Kehadiran gereja-gereja dan biara-biara perdana itu, serta adanya referensi dalam Alkitab, menunjukkan bahwa agama Kristen di Gaza berakar seiring dengan berkembangnya agama di wilayah tersebut.
Namun penerimaan agama Kristen secara luas oleh warga di daerah itu baru terjadi pada abad kelima. Menurut Nicole Belayche, kekuatan aliran pagan di Gaza sebelum abad kelima sangat kuat.

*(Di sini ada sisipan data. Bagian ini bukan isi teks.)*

-- ===== src/Captain/Users/Defs.antt =====
-- captain/internal/server/service/user_service.go: the operations on users, their pools and their
-- addresses. Each query of the database is an argument. Time stamps are left out.
use subnetwork_system_torchl.Prelude.{
  ℕ, Bool, List, [], ◌∷◌, map, Option, none, some, if◌then◌else◌, ℤ, ◌==◌,
}
use subnetwork_system_torchl.Text.{Str, codes}
use subnetwork_system_torchl.Manager.Models.{Uuid}
use subnetwork_system_torchl.Captain.Replies.{
  Answer, rows, no_rows, broken, Ret, done, failed, crashed, user_change, Noted, ok_200,
  created_201, not_found_404, internal_500,
}

pub record PoolDataStat : Type 0 where
  pub pool : Str
  pub data_limit : ℤ

-- The pointers of a decoded body; none is nil.
pub record CreateUserRequest : Type 0 where
  pub allow_pools : Option (List PoolDataStat)
  pub ip_whitelist : Option (List Str)

-- A user as the insertion returns it.
pub record NewUser : Type 0 where
  pub id : Uuid
  pub username : Str
  pub password : Str
  pub status : Str

pub record CreateUserResponse : Type 0 where
  pub user : NewUser
  pub ip_whitelist : List Str
  pub allow_pools : List Str

-- The queries inside the transaction; `create` gets the random name and password.
pub record UserQueries (S : Type 0) : Type 0 where
  pub begins : Bool
  pub create : S → Answer (NewUser × S)
  pub add_pools : S → Uuid → List Str → List ℤ → Answer (List Str × S)
  pub add_whitelist : S → Uuid → List Str → Answer (List Str × S)
  pub commits : Bool

abbrev create_failed : {A : Type 0} → Ret A
create_failed = failed internal_500 (codes "failed to create user")

module _ {S : Type 0} (q : UserQueries S) (s : S) where
  -- A query that is made only if there is something to insert; without it the row is the zero value.
  unfoldable pub pools_step : NewUser → S → Option (List PoolDataStat) → Answer (List Str × S)
  pools_step user t none = rows ([], t)
  pools_step user t (some []) = rows ([], t)
  pools_step user t (some (p ∷ ps)) =
      q.add_pools t user.id (map (λ x. x.pool) (p ∷ ps)) (map (λ x. x.data_limit) (p ∷ ps))

  unfoldable pub whitelist_step : NewUser → S → Option (List Str) → Answer (List Str × S)
  whitelist_step user t none = rows ([], t)
  whitelist_step user t (some []) = rows ([], t)
  whitelist_step user t (some (ip ∷ ips)) = q.add_whitelist t user.id (ip ∷ ips)

  unfoldable pub commit : NewUser → List Str → List Str → S → Ret CreateUserResponse × S
  commit user pools ips t =
      if q.commits
      then (
        done (record { user = user; ip_whitelist = ips; allow_pools = pools }) created_201
            (codes "user created"),
        t,
      )
      else (create_failed, s)

  unfoldable pub whitelisted :
      NewUser → List Str → Answer (List Str × S) → Ret CreateUserResponse × S
  unfolding commit
  whitelisted user pools (rows (ips, t)) = commit user pools ips t
  whitelisted user pools no_rows = (create_failed, s)
  whitelisted user pools broken = (create_failed, s)

  unfoldable pub pooled :
      CreateUserRequest → NewUser → Answer (List Str × S) → Ret CreateUserResponse × S
  unfolding whitelist_step whitelisted
  pooled req user (rows (pools, t)) =
      whitelisted user pools (whitelist_step user t req.ip_whitelist)
  pooled req user no_rows = (create_failed, s)
  pooled req user broken = (create_failed, s)

  unfoldable pub user_created :
      CreateUserRequest → Answer (NewUser × S) → Ret CreateUserResponse × S
  unfolding pools_step pooled
  user_created req (rows (user, t)) = pooled req user (pools_step user t req.allow_pools)
  user_created req no_rows = (create_failed, s)
  user_created req broken = (create_failed, s)

  -- CreateUser: its results, and the state of the database behind it.
  unfoldable pub create_user : CreateUserRequest → Ret CreateUserResponse × S
  unfolding user_created
  create_user req = if q.begins then user_created req (q.create s) else (create_failed, s)

-- A row of GetUserbyId and GetAllusers.
pub record UserRow : Type 0 where
  pub id : Uuid
  pub username : Str
  pub password : Str
  pub status : Str
  pub ip_whitelist : List Str
  pub pools : List Str

unfoldable pub get_user_by_id : Answer UserRow → Ret UserRow
get_user_by_id (rows user) = done user ok_200 []
get_user_by_id no_rows = failed not_found_404 (codes "user not found")
get_user_by_id broken = failed internal_500 (codes "cant get user by id")

unfoldable pub get_users : Answer (List UserRow) → Ret (List UserRow)
get_users (rows users) = done users ok_200 []
get_users no_rows = failed internal_500 (codes "cant get users")
get_users broken = failed internal_500 (codes "cant get users")

abbrev status_arg : Option Str → Option Str
status_arg none = none
status_arg (some []) = none
status_arg (some (c ∷ s)) = some (c ∷ s)

pub record UpdateUserResponse : Type 0 where
  pub id : Uuid
  pub status : Str

status_updated : Answer NewUser → Noted UpdateUserResponse
status_updated (rows user) =
    (done (record { id = user.id; status = user.status }) ok_200 [], user_change user.username ∷ [])
status_updated no_rows = (failed not_found_404 (codes "user not found"), [])
status_updated broken = (failed internal_500 (codes "server error"), [])

-- UpdateUserStatus; the argument of the query is a NullString, so that none keeps the status.
unfoldable pub update_user_status :
    (Option Str → Answer NewUser) → Option Str → Noted UpdateUserResponse
unfolding status_updated
update_user_status query status = status_updated (query (status_arg status))

-- The name of a user whose query's error is not looked at; it is empty on an error.
unfoldable pub name_of : Answer UserRow → Str
name_of (rows user) = user.username
name_of _ = []

unfoldable pub delete_user : Answer UserRow → Answer (Unit {0}) → Noted (Unit {0})
unfolding name_of
delete_user user (rows _) = (done tt ok_200 (codes "user deleted"), user_change (name_of user) ∷ [])
delete_user user no_rows = (failed not_found_404 (codes "user not found"), [])
delete_user user broken = (failed internal_500 (codes "server error"), [])

-- The rows that AddUserPoolsByPoolTags has inserted.
pub record AddedPools : Type 0 where
  pub inserted_tags : List Str
  pub inserted_data_limits : List ℤ

stat_with : Str → ℤ → Option (List PoolDataStat) → Option (List PoolDataStat)
stat_with tag limit none = none
stat_with tag limit (some stats) = some (record { pool = tag; data_limit = limit } ∷ stats)

-- The loop over InsertedDataLimits, with InsertedTags[i]; none is out of range.
unfoldable pub pair_limits : List Str → List ℤ → Option (List PoolDataStat)
unfolding stat_with
pair_limits tags [] = some []
pair_limits [] (limit ∷ limits) = none
pair_limits (tag ∷ tags) (limit ∷ limits) = stat_with tag limit (pair_limits tags limits)

pools_added : Answer UserRow → Option (List PoolDataStat) → Noted (List PoolDataStat)
unfolding name_of
pools_added user none = (crashed, [])
pools_added user (some stats) = (done stats created_201 [], user_change (name_of user) ∷ [])

pools_answered : Answer UserRow → Answer AddedPools → Noted (List PoolDataStat)
unfolding pools_added
pools_answered user (rows added) =
    pools_added user (pair_limits added.inserted_tags added.inserted_data_limits)
pools_answered user no_rows = (failed not_found_404 (codes "Nothing added to the database"), [])
pools_answered user broken = (failed internal_500 (codes "server error"), [])

-- AddUserAllowPool
unfoldable pub add_user_allow_pool :
    (List Str → List ℤ → Answer AddedPools)
    → Answer UserRow
    → List PoolDataStat
    → Noted (List PoolDataStat)
unfolding pools_answered
add_user_allow_pool query user pools =
    pools_answered user (query (map (λ p. p.pool) pools) (map (λ p. p.data_limit) pools))

-- GetDataUsage, whose rows are copied field by field.
pub record DataUsage : Type 0 where
  pub data_limit : ℤ
  pub data_usage : ℤ
  pub pool_tag : Str

unfoldable pub get_data_usage : Answer (List DataUsage) → Ret (List DataUsage)
get_data_usage (rows usages) = done usages ok_200 []
get_data_usage _ = failed internal_500 (codes "server error")

-- RemoveUserAllowPool and RemoveUserIpWhitelist, on the number of rows affected.
unfoldable pub removed : Str → Answer UserRow → Answer ℕ → Noted (Unit {0})
unfolding name_of
removed message user (rows affected) =
    if affected == 0
    then (done tt not_found_404 (codes "Nothing deleted from the database"), [])
    else (done tt ok_200 message, user_change (name_of user) ∷ [])
removed message user _ = (failed internal_500 (codes "server error"), [])

unfoldable pub remove_user_allow_pool : Answer UserRow → Answer ℕ → Noted (Unit {0})
unfolding removed
remove_user_allow_pool user affected = removed (codes "pool removed") user affected

unfoldable pub remove_user_ip_whitelist : Answer UserRow → Answer ℕ → Noted (Unit {0})
unfolding removed
remove_user_ip_whitelist user affected = removed (codes "ip whitelist removed") user affected

-- AddUserIpWhitelist
unfoldable pub add_user_ip_whitelist : Answer UserRow → Answer (List Str) → Noted (List Str)
unfolding name_of
add_user_ip_whitelist user (rows ips) = (done ips created_201 [], user_change (name_of user) ∷ [])
add_user_ip_whitelist user no_rows =
    (failed not_found_404 (codes "nothing added to the database"), [])
add_user_ip_whitelist user broken = (failed internal_500 (codes "server error"), [])

-- GetUserAllowPools and GetUserIpWhitelist
unfoldable pub get_user_allow_pools : Answer (List Str) → Ret (List Str)
get_user_allow_pools (rows tags) = done tags ok_200 []
get_user_allow_pools no_rows = failed not_found_404 (codes "pools not found")
get_user_allow_pools broken = failed internal_500 (codes "server error")

unfoldable pub get_user_ip_whitelist : Answer (List Str) → Ret (List Str)
get_user_ip_whitelist (rows ips) = done ips ok_200 []
get_user_ip_whitelist no_rows = failed not_found_404 (codes "user ip whitelist not found")
get_user_ip_whitelist broken = failed internal_500 (codes "server error")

Dalam tulisannya di buku Christian Gaza in Late Antiquity, Belayche menulis bahwa ketika Porfirius ditahbiskan menjadi uskup di Gaza, populasi umat Kristen berjumlah "kurang dari tiga ratus dari populasi yang diperkirakan berjumlah antara 20.000 - 25.000 orang".
Konversi massal orang Gaza ke agama Kristen dimulai pada abad kelima di bawah naungan Kekaisaran Bizantium, penerus Kekaisaran Romawi Timur. “Ini merupakan proses yang sulit dan membutuhkan intervensi kekaisaran,” tulis Belayche.
Masuknya orang-orang itu dalam kekristenan berkat upaya orang-orang suci, seperti Porfirius, dan penggabungan ritual adat ke dalam ritual gereja.
Meskipun agama Kristen kemudian dianut secara luas pada akhir abad keenam, itu tidak berlangsung lama karena kemudian muncul agama dominan yang baru.
Dalam bukunya History of the City of Gaza, sarjana Yahudi-Amerika pada akhir abad ke-19, Martin A Meyer, menulis, "Iman baru ini hampir tidak memiliki cukup waktu untuk berkembang sebelum Islam menyapu bersihnya dari wilayah itu selamanya."
Pernyataan Meyer bersifat hiperbolis, namun hal itu menyentuh kenyataan bahwa selama berabad-abad setelah penaklukan Arab, sebagian besar penduduk wilayah tersebut masuk Islam.
Kelompok minoritas Kristen di wilayah Gaza bertahan selama berabad-abad dan menikmati perkembangan singkat di bawah pemerintahan Tentara Salib pada abad ke-12.
Seperti warga Palestina lainnya, banyak umat Kristen di wilayah itu terpaksa meninggalkan rumah mereka sejak berdirinya Israel tahun 1948. Akibatnya, populasi orang Kristen di Gaza menyusut selama beberapa dekade, sebuah tren yang terus berlanjut setelah Nakba.
Menurut laporan Guardian, terdapat 6.000 umat Kristen Palestina di Gaza pada pertengahan tahun 1960-an dan jumlah tersebut telah menurun menjadi 1.100 saat ini.
Kebanyakan umat Kristen di wilayah itu saat ini menganut Kristen Ortodoks Yunani, sementara kelompok minoritas menganut Gereja Baptis dan Katolik.
Meski jumlahnya umatnya sedikit, gereja-gereja di Gaza secara rutin membuka pintunya bagi penganut agama apa pun untuk mencari perlindungan selama masa konflik, dengan harapan rumah ibadah tidak diserang Israel. Namun harapan tersebut memudar dengan cepat setelah serangan Israel terhadap Gereja Santo Porfirius.